27. The method of any one of claims 20-26, wherein the microorganism is selected from the group consisting of escherichia, bacteroides, clostridium, coprobacterium, eubacterium, ruminococcus, peptococcus, peptostreptococcus, lactobacillus, lactococcus, bifidobacterium, enterococcus, streptococcus, pediococcus, leuconostoc, staphylococcus, and bacillus.

28. The method of any one of claims 20-27, wherein the subject is a human.

29. The method of claim 28, wherein the TRM, 5-HTP, 5-HT, or melatonin-related disorder is the following disorder: central Nervous System (CNS) disorders; an Enteric Nervous System (ENS) disorder; gastrointestinal (GI) disorders; hormonal imbalance, metabolic disease, non-alcoholic fatty liver disease, non-alcoholic steatohepatitis, or diabetes.

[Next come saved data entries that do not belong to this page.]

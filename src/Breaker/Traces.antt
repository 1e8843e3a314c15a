-- ===== src/Breaker/Traces.antt =====
-- What holds of the breaker after any interleaving of the tasks that share it.
use praxis_ai_agent_platform.Common.{
  ℕ, ◌+◌, ◌<◌, String, ◌≡◌, refl, ap, ◌∙◌, true, false, List, [], ◌∷◌, arith, All,
}
use praxis_ai_agent_platform.Breaker.{
  opened, half_open, CircuitBreaker, admit, Event, arrive, step, run, new,
}
use praxis_ai_agent_platform.Breaker.Laws.{
  IsCoherent, new-IsCoherent, step-IsCoherent, threshold-step, is_admitted, rejected_unchanged,
}

run-IsCoherent_from :
    (b : CircuitBreaker) (es : List Event)
    → 0 < b.failure_threshold
    → IsCoherent b
    → IsCoherent (run b es)
unfolding run
run-IsCoherent_from b [] h c = c
run-IsCoherent_from b (e ∷ es) h c =
    run-IsCoherent_from (step b e) es (omega (arith, threshold-step b e)) (step-IsCoherent b e h c)

-- From a new breaker with a positive threshold, after any steps of any tasks in any order: a trial
-- is in flight only while the circuit is half-open, a closed circuit has counted fewer consecutive
-- failures than its threshold, and an open one has counted some.
pub run-IsCoherent :
    (name : String) (threshold timeout : ℕ) (es : List Event)
    → 0 < threshold
    → IsCoherent (run (new name threshold timeout) es)
run-IsCoherent name threshold timeout es h =
    run-IsCoherent_from (new name threshold timeout) es (unfold new in h)
      (new-IsCoherent name threshold timeout h)

-- One arrival: the name of the operation and the two readings of the clock.
pub record Arrival : Type 0 where
  pub operation : String
  pub now : ℕ
  pub again : ℕ

abbrev pub arrivals : List Arrival → List Event
arrivals [] = []
arrivals (a ∷ as') = arrive a.operation a.now a.again ∷ arrivals as'

abbrev pub IsRejected : CircuitBreaker → Arrival → Type 0
IsRejected b a = is_admitted (admit a.operation a.now a.again b).1 ≡ false

-- Arrivals that the breaker rejects in its present state do not move it.
pub run-arrivals_rejected :
    (b : CircuitBreaker) (l : List Arrival) → All (IsRejected b) l → run b (arrivals l) ≡ b
unfolding run step
run-arrivals_rejected b [] h = refl
run-arrivals_rejected b (a ∷ l) h =
    ap (λ (b' : CircuitBreaker). run b' (arrivals l))
      (rejected_unchanged a.operation a.now a.again b h.0)
    ∙ run-arrivals_rejected b l h.1

trial_rejects :
    (b : CircuitBreaker) (a : Arrival)
    → b.state ≡ half_open
    → b.half_open_in_flight ≡ true
    → IsRejected b a
unfolding admit
trial_rejects b a s t = ground arith

All-IsRejected :
    (b : CircuitBreaker) (l : List Arrival)
    → ((a : Arrival) → IsRejected b a)
    → All (IsRejected b) l
All-IsRejected b [] h = tt
All-IsRejected b (a ∷ l) h = (h a, All-IsRejected b l h)

-- While a trial is in flight, and no call that was admitted before reports back, every arrival, at
-- whatever time and however many, is rejected, and the breaker does not change.
pub trial_excludes :
    (b : CircuitBreaker) (l : List Arrival)
    → b.state ≡ half_open
    → b.half_open_in_flight ≡ true
    → All (IsRejected b) l × (run b (arrivals l) ≡ b)
trial_excludes b l s t =
    let every : All (IsRejected b) l = All-IsRejected b l (λ a. trial_rejects b a s t) in
    (every, run-arrivals_rejected b l every)

early :
    (b : CircuitBreaker) (a : Arrival)
    → b.state ≡ opened
    → a.now < b.opened_at + b.reset_timeout_seconds
    → IsRejected b a
unfolding admit
early b a s t = ground arith

All-early :
    (b : CircuitBreaker) (l : List Arrival)
    → b.state ≡ opened
    → All (λ (a : Arrival). a.now < b.opened_at + b.reset_timeout_seconds) l
    → All (IsRejected b) l
All-early b [] s h = tt
All-early b (a ∷ l) s h = (early b a s h.0, All-early b l s h.1)

-- An open circuit rejects every arrival before its timeout has elapsed, and stays as it is.
pub open_holds :
    (b : CircuitBreaker) (l : List Arrival)
    → b.state ≡ opened
    → All (λ (a : Arrival). a.now < b.opened_at + b.reset_timeout_seconds) l
    → All (IsRejected b) l × (run b (arrivals l) ≡ b)
open_holds b l s h =
    let every : All (IsRejected b) l = All-early b l s h in (every, run-arrivals_rejected b l every)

30. The method of claim 29, wherein the central nervous system disorder is selected from the group consisting of: anxiety and depression-related behavioral, memory, cognitive and psychiatric disorders; generalized anxiety disorder, phobias, social anxiety disorder, panic disorder, obsessive compulsive disorder, post-traumatic stress disorder, chronic stress disorder, separation and situational anxiety, age-related memory decline, dementia and sleep, spatial memory formation, alertness, concentration, learning and cognitive disorders; autism and migraine; and wherein the gastrointestinal disorder is selected from the group consisting of: immune-related and inflammation-related diseases; inflammatory bowel disease, Irritable Bowel Syndrome (IBS); celiac disease, diverticular disease, and colorectal cancer.